++++ SUPPLIED MATERIAL ++++

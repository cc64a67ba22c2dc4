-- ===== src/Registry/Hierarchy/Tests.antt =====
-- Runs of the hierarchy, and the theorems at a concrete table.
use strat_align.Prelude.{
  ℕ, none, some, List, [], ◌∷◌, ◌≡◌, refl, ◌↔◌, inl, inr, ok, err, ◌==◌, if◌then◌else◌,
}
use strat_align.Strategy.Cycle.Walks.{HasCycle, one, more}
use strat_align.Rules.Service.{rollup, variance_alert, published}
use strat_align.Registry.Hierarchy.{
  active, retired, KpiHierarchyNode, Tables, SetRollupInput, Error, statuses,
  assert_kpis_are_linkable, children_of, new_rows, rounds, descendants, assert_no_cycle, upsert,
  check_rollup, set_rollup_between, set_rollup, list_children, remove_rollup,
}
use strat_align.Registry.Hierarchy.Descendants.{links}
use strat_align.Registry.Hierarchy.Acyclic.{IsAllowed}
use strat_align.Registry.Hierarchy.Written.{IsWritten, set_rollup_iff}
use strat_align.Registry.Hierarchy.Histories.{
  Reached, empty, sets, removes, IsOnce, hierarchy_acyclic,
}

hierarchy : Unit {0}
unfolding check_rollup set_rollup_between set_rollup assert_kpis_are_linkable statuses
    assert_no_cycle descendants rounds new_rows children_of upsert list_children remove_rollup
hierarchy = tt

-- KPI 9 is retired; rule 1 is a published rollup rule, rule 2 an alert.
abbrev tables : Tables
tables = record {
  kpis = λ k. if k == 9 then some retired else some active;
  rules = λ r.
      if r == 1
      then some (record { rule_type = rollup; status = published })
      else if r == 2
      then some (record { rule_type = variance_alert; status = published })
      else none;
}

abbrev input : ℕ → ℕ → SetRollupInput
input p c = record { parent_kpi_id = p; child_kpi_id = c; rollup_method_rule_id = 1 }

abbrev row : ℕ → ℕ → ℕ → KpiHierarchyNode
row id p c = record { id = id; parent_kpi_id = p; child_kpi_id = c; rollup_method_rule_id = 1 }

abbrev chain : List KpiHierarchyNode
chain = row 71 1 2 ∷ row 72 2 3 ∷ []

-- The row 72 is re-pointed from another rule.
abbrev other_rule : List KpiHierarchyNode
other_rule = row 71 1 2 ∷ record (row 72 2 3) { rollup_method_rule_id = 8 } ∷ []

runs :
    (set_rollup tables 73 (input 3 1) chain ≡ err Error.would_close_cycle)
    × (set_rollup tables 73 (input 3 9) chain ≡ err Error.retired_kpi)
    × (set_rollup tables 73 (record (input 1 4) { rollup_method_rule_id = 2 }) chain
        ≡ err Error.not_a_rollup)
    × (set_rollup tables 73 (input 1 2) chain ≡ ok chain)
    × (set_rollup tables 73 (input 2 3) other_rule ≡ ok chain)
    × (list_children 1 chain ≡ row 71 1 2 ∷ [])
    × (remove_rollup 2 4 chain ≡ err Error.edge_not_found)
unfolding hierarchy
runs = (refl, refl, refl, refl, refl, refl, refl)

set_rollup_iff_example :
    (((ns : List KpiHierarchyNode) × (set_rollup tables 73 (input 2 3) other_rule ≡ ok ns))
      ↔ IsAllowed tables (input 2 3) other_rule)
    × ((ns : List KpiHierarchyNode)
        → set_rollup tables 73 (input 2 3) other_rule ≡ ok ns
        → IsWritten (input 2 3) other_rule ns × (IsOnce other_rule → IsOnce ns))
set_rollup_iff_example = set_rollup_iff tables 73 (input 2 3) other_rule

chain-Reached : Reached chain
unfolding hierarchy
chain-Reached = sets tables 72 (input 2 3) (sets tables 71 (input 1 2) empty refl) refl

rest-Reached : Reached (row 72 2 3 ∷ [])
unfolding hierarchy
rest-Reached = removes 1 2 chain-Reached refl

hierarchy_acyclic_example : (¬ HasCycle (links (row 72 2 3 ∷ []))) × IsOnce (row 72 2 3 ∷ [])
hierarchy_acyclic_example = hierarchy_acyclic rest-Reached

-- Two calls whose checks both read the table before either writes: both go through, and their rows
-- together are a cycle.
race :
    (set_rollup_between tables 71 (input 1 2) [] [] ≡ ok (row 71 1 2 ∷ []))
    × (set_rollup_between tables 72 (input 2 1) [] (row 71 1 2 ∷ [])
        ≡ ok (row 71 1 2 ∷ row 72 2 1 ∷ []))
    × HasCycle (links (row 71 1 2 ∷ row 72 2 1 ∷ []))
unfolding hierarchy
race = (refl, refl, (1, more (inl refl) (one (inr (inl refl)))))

++++

- _INSTRUCTIONS TO FOLLOW_: For this exercise, retype each entry from above exactly as it stands.

- _OUTPUT OF THE TASK_:
repository cc64a67ba22c2dc4
-- ===== src/Registry/Hierarchy/Tests.antt =====
-- Runs of the hierarchy, and the theorems at a concrete table.
use strat_align.Prelude.{
  ℕ, none, some, List, [], ◌∷◌, ◌≡◌, refl, ◌↔◌, inl, inr, ok, err, ◌==◌, if◌then◌else◌,
}
use strat_align.Strategy.Cycle.Walks.{HasCycle, one, more}
use strat_align.Rules.Service.{rollup, variance_alert, published}
use strat_align.Registry.Hierarchy.{
  active, retired, KpiHierarchyNode, Tables, SetRollupInput, Error, statuses,
  assert_kpis_are_linkable, children_of, new_rows, rounds, descendants, assert_no_cycle, upsert,
  check_rollup, set_rollup_between, set_rollup, list_children, remove_rollup,
}
use strat_align.Registry.Hierarchy.Descendants.{links}
use strat_align.Registry.Hierarchy.Acyclic.{IsAllowed}
use strat_align.Registry.Hierarchy.Written.{IsWritten, set_rollup_iff}
use strat_align.Registry.Hierarchy.Histories.{
  Reached, empty, sets, removes, IsOnce, hierarchy_acyclic,
}

hierarchy : Unit {0}
unfolding check_rollup set_rollup_between set_rollup assert_kpis_are_linkable statuses
    assert_no_cycle descendants rounds new_rows children_of upsert list_children remove_rollup
hierarchy = tt

-- KPI 9 is retired; rule 1 is a published rollup rule, rule 2 an alert.
abbrev tables : Tables
tables = record {
  kpis = λ k. if k == 9 then some retired else some active;
  rules = λ r.
      if r == 1
      then some (record { rule_type = rollup; status = published })
      else if r == 2
      then some (record { rule_type = variance_alert; status = published })
      else none;
}

abbrev input : ℕ → ℕ → SetRollupInput
input p c = record { parent_kpi_id = p; child_kpi_id = c; rollup_method_rule_id = 1 }

abbrev row : ℕ → ℕ → ℕ → KpiHierarchyNode
row id p c = record { id = id; parent_kpi_id = p; child_kpi_id = c; rollup_method_rule_id = 1 }

abbrev chain : List KpiHierarchyNode
chain = row 71 1 2 ∷ row 72 2 3 ∷ []

-- The row 72 is re-pointed from another rule.
abbrev other_rule : List KpiHierarchyNode
other_rule = row 71 1 2 ∷ record (row 72 2 3) { rollup_method_rule_id = 8 } ∷ []

runs :
    (set_rollup tables 73 (input 3 1) chain ≡ err Error.would_close_cycle)
    × (set_rollup tables 73 (input 3 9) chain ≡ err Error.retired_kpi)
    × (set_rollup tables 73 (record (input 1 4) { rollup_method_rule_id = 2 }) chain
        ≡ err Error.not_a_rollup)
    × (set_rollup tables 73 (input 1 2) chain ≡ ok chain)
    × (set_rollup tables 73 (input 2 3) other_rule ≡ ok chain)
    × (list_children 1 chain ≡ row 71 1 2 ∷ [])
    × (remove_rollup 2 4 chain ≡ err Error.edge_not_found)
unfolding hierarchy
runs = (refl, refl, refl, refl, refl, refl, refl)

set_rollup_iff_example :
    (((ns : List KpiHierarchyNode) × (set_rollup tables 73 (input 2 3) other_rule ≡ ok ns))
      ↔ IsAllowed tables (input 2 3) other_rule)
    × ((ns : List KpiHierarchyNode)
        → set_rollup tables 73 (input 2 3) other_rule ≡ ok ns
        → IsWritten (input 2 3) other_rule ns × (IsOnce other_rule → IsOnce ns))
set_rollup_iff_example = set_rollup_iff tables 73 (input 2 3) other_rule

chain-Reached : Reached chain
unfolding hierarchy
chain-Reached = sets tables 72 (input 2 3) (sets tables 71 (input 1 2) empty refl) refl

rest-Reached : Reached (row 72 2 3 ∷ [])
unfolding hierarchy
rest-Reached = removes 1 2 chain-Reached refl

hierarchy_acyclic_example : (¬ HasCycle (links (row 72 2 3 ∷ []))) × IsOnce (row 72 2 3 ∷ [])
hierarchy_acyclic_example = hierarchy_acyclic rest-Reached

-- Two calls whose checks both read the table before either writes: both go through, and their rows
-- together are a cycle.
race :
    (set_rollup_between tables 71 (input 1 2) [] [] ≡ ok (row 71 1 2 ∷ []))
    × (set_rollup_between tables 72 (input 2 1) [] (row 71 1 2 ∷ [])
        ≡ ok (row 71 1 2 ∷ row 72 2 1 ∷ []))
    × HasCycle (links (row 71 1 2 ∷ row 72 2 1 ∷ []))
unfolding hierarchy
race = (refl, refl, (1, more (inl refl) (one (inr (inl refl)))))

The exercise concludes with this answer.